The Federal-State Joint Board on Universal Service issued long-awaited recommendations for reforming the Universal Service Fund late Tuesday that generally followed an outline released in September. The goal of the wide- ranging group of proposals is to reform the high-cost portion of the USF, which subsidizes service in rural areas. The FCC has a year to act on the recommendations.
The AT&T-Dobson Communications merger order could have long-term effects on the wireless marketplace, creating as it does a new, higher screen level for when a merger raises market power concerns, industry officials said. The order (CD Nov 16 p10) states that with the addition of 700 MHz spectrum to be auctioned next year, a merged carrier can hold up to 94 MHz of spectrum in a given market without triggering more detailed FCC review. The previous standard was 70 MHz. Sources said the provision was made part of the order at the suggestion of Wireless Bureau Chief Economist Walter Strack.
The Federal-State Joint Board for Universal Service has agreed to a permanent cap for the high cost part of the Universal Service Fund, most likely at 2007 levels, regulatory and industry sources said Wednesday. The proposal would also create separate funds for wireline, wireless and broadband.
More than 70 percent of Americans polled back capping the high-cost portion of the Universal Service Fund, and 62 percent oppose using USF subsidies to widen broadband access in rural areas, said Cap the Fund, a group opposing more USF spending. “This program requires us to trust the government not to throw money to services that could be better provided by non-subsidized companies,” said Mac Haddow of the Seniors Coalition, a Cap the Fund member.
The Federal-State Joint Board for Universal Service may be ready to present its long-term reform proposals to the FCC as soon as week’s end, said board co-chairman Ray Baum of the Oregon Public Utility Commission. Baum said he was “cautiously optimistic” about the timetable, although members are working on “final details” such as preparing their public statements on the recommendations. The proposal will be “close to the outline” the board released in September, Baum said in a phone conversation. The board had announced agreement then on key issues such as making USF subsidies available for broadband services and ending the equal support rule that gave competitive rural carriers the same level of subsidies as incumbents. Asked whether the recommendation will be unanimous, Baum said he didn’t know.
FCC Commissioners Robert McDowell and Jonathan Adelstein likely will come in for intense lobbying in coming weeks, as wireless carriers seek to beat a cap proposed for Universal Service Fund payments. The carriers want to know why they're getting special attention as the FCC tries to curb the fund.

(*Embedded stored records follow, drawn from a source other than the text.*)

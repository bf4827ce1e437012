-- ===== src/BufMgr/Durable.antt =====
-- flushFile of src/buffer.cpp brings what a client finds at the pages of the file to disk.
use cs564_project.Prelude.{
  ℕ, ◌+◌, ◌<◌, ◌≡◌, refl, ◌≢◌, inl, inr, ◌∙◌, true, ◌==◌, arith, Bool-cases, Option-cases,
  ℕ_discrete, sym,
}
use cs564_project.Exceptions.{Exception}
use cs564_project.Effects.{Outcome, bind-Outcome, weaken-Outcome}
use cs564_project.Files.{Files}
use cs564_project.HashTbl.Laws.{view}
use cs564_project.BufMgr.State.{BufMgr, desc, page_at, clear}
use cs564_project.BufMgr.Flush.{check_frame, flush_frame, for_frames, flush_file}
use cs564_project.BufMgr.Inv.{Inv}
use cs564_project.BufMgr.Sweep.{Swept-refl}
use cs564_project.BufMgr.Evict.{Evicted, Evicted-Freed, Freed}
use cs564_project.BufMgr.Flushing.{for_frames-Outcome, drop_frame_cases}
use cs564_project.BufMgr.FlushFile.{flush_mine, flush_other}
use cs564_project.BufMgr.FlushLaws.{Unpinned, Checked, CheckFails, check_frames-Checked}
use cs564_project.BufMgr.Coherence.{
  FileLaws, content, Coherent, content-miss, Freed-content, Freed-Coherent,
}
use cs564_project.BufMgr.Transparent.{Preserved, Interrupted}

module _ {files : Files} where
  -- Before round `i` of the second loop, which began in `s`.
  record Kept (s : BufMgr files) (f i : ℕ) (t : BufMgr files) : Type 0 where
    inv : Inv t
    num_bufs : t.num_bufs ≡ s.num_bufs
    preserved : Preserved s t
    unpinned : Unpinned t f s.num_bufs
    cleared : (j : ℕ) → j < i → (desc t j).file ≢ f

  Kept-skip :
      (s t : BufMgr files) (f i : ℕ) → Kept s f i t → (desc t i).file ≢ f → Kept s f (i + 1) t
  Kept-skip s t f i k other = record {
    inv = k.inv;
    num_bufs = k.num_bufs;
    preserved = k.preserved;
    unpinned = k.unpinned;
    cleared =
        λ j h. elim (ℕ_discrete j i) [ yes e ↦ rw e other | no ne ↦ k.cleared j (omega arith) ];
  }

  Kept-drop :
      (s t u : BufMgr files) (f i : ℕ)
      → FileLaws files
      → f ≢ 0
      → i < s.num_bufs
      → Kept s f i t
      → (desc t i).file ≡ f
      → Evicted t i u
      → Kept s f (i + 1) u
  unfolding clear
  Kept-drop s t u f i laws real h k mine e =
      let used : (desc t i).valid ≡ true = ground (arith, k.inv.idle i) in
      let bound : i < t.num_bufs = ground (arith, k.num_bufs) in
      let fr : Freed t i u =
        Evicted-Freed t t u i (Swept-refl t k.inv) bound used (k.unpinned i h mine) e in
      record {
        inv = e.inv;
        num_bufs = e.num_bufs ∙ k.num_bufs;
        preserved = record {
          coherent = Freed-Coherent t u i laws k.inv k.preserved.coherent fr;
          same = λ g q.
              Freed-content t u i g q laws k.inv k.preserved.coherent fr ∙ k.preserved.same g q;
        };
        unpinned = λ j l owner. ground (arith, e.descs j, k.unpinned j l);
        cleared = λ j l owner. ground (arith, e.descs j, k.cleared j);
      }

  flush_frame-Kept :
      (s t : BufMgr files) (f i : ℕ)
      → FileLaws files
      → f ≢ 0
      → i < s.num_bufs
      → Kept s f i t
      → Outcome (λ _. Kept s f (i + 1)) (λ _. Interrupted s) (flush_frame f i t)
  flush_frame-Kept s t f i laws real h k = elim (Bool-cases ((desc t i).file == f)) [
    | inr other ↦ rw (flush_other t f i other) (Kept-skip s t f i k (λ e. ground arith))
    | inl mine ↦
        let owner : (desc t i).file ≡ f = ground arith in
        let used : (desc t i).valid ≡ true = ground (arith, k.inv.idle i) in
        elim (drop_frame_cases t i k.inv (ground (arith, k.num_bufs)) used) [
          | inl (u, run, e) ↦
              rw (flush_mine t f i owner, run) (Kept-drop s t u f i laws real h k owner e)
          | inr (x, run, dirty, fails) ↦
              rw (flush_mine t f i owner, run)
                (record {
                  last = t.store;
                  kept = k.preserved;
                  left = inr (inr ((desc t i).file, page_at t i, refl));
                })
        ]
  ]

  -- The page is on disk, as a client found it before.
  abbrev pub OnDisk : BufMgr files → ℕ → BufMgr files → Type 0
  OnDisk s f t = (p : ℕ) → files.read_page t.store f p ≡ content s f p

  Kept-OnDisk : (s t : BufMgr files) (f : ℕ) → Kept s f s.num_bufs t → Preserved s t × OnDisk s f t
  Kept-OnDisk s t f k = (
    k.preserved,
    λ p. elim (Option-cases (view t.hash_table f p)) [
      | inl gone ↦ sym (content-miss t f p gone) ∙ k.preserved.same f p
      | inr (j, there) ↦
          let (h, _, file, _) = k.inv.owned f p j there in
          absurd (ground (arith, k.cleared j, k.num_bufs))
    ],
  )

  CheckFails-Interrupted :
      (s : BufMgr files) (f : ℕ) (e : Exception) (t : BufMgr files)
      → Coherent s
      → CheckFails s f e t
      → Interrupted s t
  CheckFails-Interrupted s f e t c (same, _) = rw same (record {
    last = s.store;
    kept = record { coherent = c; same = λ g q. refl };
    left = inl refl;
  })

  -- Where the files, each behind one `File*`, obey FileLaws, the state is of the invariant and
  -- coherent, and the file is not NULL: if `flushFile` returns, the state is coherent, a client finds at
  -- every page of every file what it found before, and the file itself gives that at each of its pages.
  -- If it throws, the pool is coherent and a client finds the same with the store before the write that
  -- threw, and the store is what that write left.
  pub flush_file-OnDisk :
      (s : BufMgr files) (f : ℕ)
      → FileLaws files
      → f ≢ 0
      → Inv s
      → Coherent s
      → Outcome (λ _ t. Preserved s t × OnDisk s f t) (λ _. Interrupted s) (flush_file f s)
  unfolding flush_file
  flush_file-OnDisk s f laws real v c =
      let n = s.num_bufs in
      let start : Unpinned s f n → Kept s f 0 s = λ u. record {
        inv = v;
        num_bufs = refl;
        preserved = record { coherent = c; same = λ g q. refl };
        unpinned = u;
        cleared = λ j h. absurd (omega arith);
      } in
      let flushes : Unpinned s f n
          → Outcome (λ _. Kept s f n) (λ _. Interrupted s) (for_frames 0 n (flush_frame f) s) =
        λ u.
          for_frames-Outcome (Kept s f) (λ _. Interrupted s) (flush_frame f) n
            (λ i t h k. flush_frame-Kept s t f i laws real h k) n 0 s (omega arith) (start u) in
      bind-Outcome (λ _. Checked s f n) (λ _ t. Preserved s t × OnDisk s f t) (λ _. Interrupted s)
        (for_frames 0 n (check_frame f) s) (λ _. for_frames 0 n (flush_frame f))
        (weaken-Outcome (λ _. Checked s f n) (λ _. Checked s f n) (CheckFails s f)
          (λ _. Interrupted s) (for_frames 0 n (check_frame f) s) (check_frames-Checked s f real v)
          (λ _ _ x. x) (λ e t x. CheckFails-Interrupted s f e t c x))
        (λ _ t x. rw x.0 (
          weaken-Outcome (λ _. Kept s f n) (λ _ t. Preserved s t × OnDisk s f t)
            (λ _. Interrupted s) (λ _. Interrupted s) (for_frames 0 n (flush_frame f) s)
            (flushes x.1) (λ _ t k. Kept-OnDisk s t f k) (λ _ _ y. y)))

FCC Chairman Kevin Martin has circulated an order and two notices of proposed rulemaking on Universal Service Fund reform, sources said. The items started circulating Oct. 26. The order, based on the Alltel merger order, would cap USF payments at June 2007 levels, unless a carrier filed cost data showing its per-line costs are less than the capped funding level. Martin also circulated two rulemakings. One would provide for reverse auctions for USF payments, the other would eliminate the identical support rule. The items could be taken up at the Nov. 16 FCC agenda meeting. The notices could prove touchy because they sidestep the Joint Board on Universal Service in making long-term changes, sources said Thursday. Ray Baum, an Oregon regulator who serves as state chairman of the joint board, told a CTIA conference last week he worries that the joint board’s work may come to naught. “We might not be able to get anything out,” he said.
The Justice Department cleared AT&T’s purchase of Dobson, but will require AT&T to sell assets in seven rural markets in Pennsylvania, Texas, Kentucky, Missouri, and Oklahoma and give up the Cellular One brand. The merger still must clear the FCC. FCC Chairman Kevin Martin has asked the FCC to set on Dobson the same Universal Service Fund cap imposed in the Alltel privatization (CD Oct 29 p1). Analyst firm Stifel Nicolaus doesn’t expect the FCC to set conditions other than the USF cap, it said in a research report.
BOSTON -- Prepare for more VoIP regulation as the FCC more often treats VoIP as it does traditional phone service, panelists said Tuesday at the VON conference. The VoIP industry must pay more heed to rules emerging at the federal, state and international levels, they said. “You need good legal counsel to navigate these kinds of things,” said VON Executive Director Jim Kohlenberger.
Telecommunications infrastructure in rural America could deteriorate unless the Universal Service Fund is overhauled to reduce growing payments to competitive eligible telecom carriers, said McLean & Brown. The consultants wrote and paid for the study, publicized by the Coalition to Keep America Connected, a rural telecom group backing a cap on payments to CETCs, which mainly are rural wireless providers. “Payments to CETCs have skyrocketed, growing by more than 1,000 percent in the past six years,” said the coalition. The report concluded that USF growth as a result of increases in the number of CETCs renders “the existing system unsustainable.”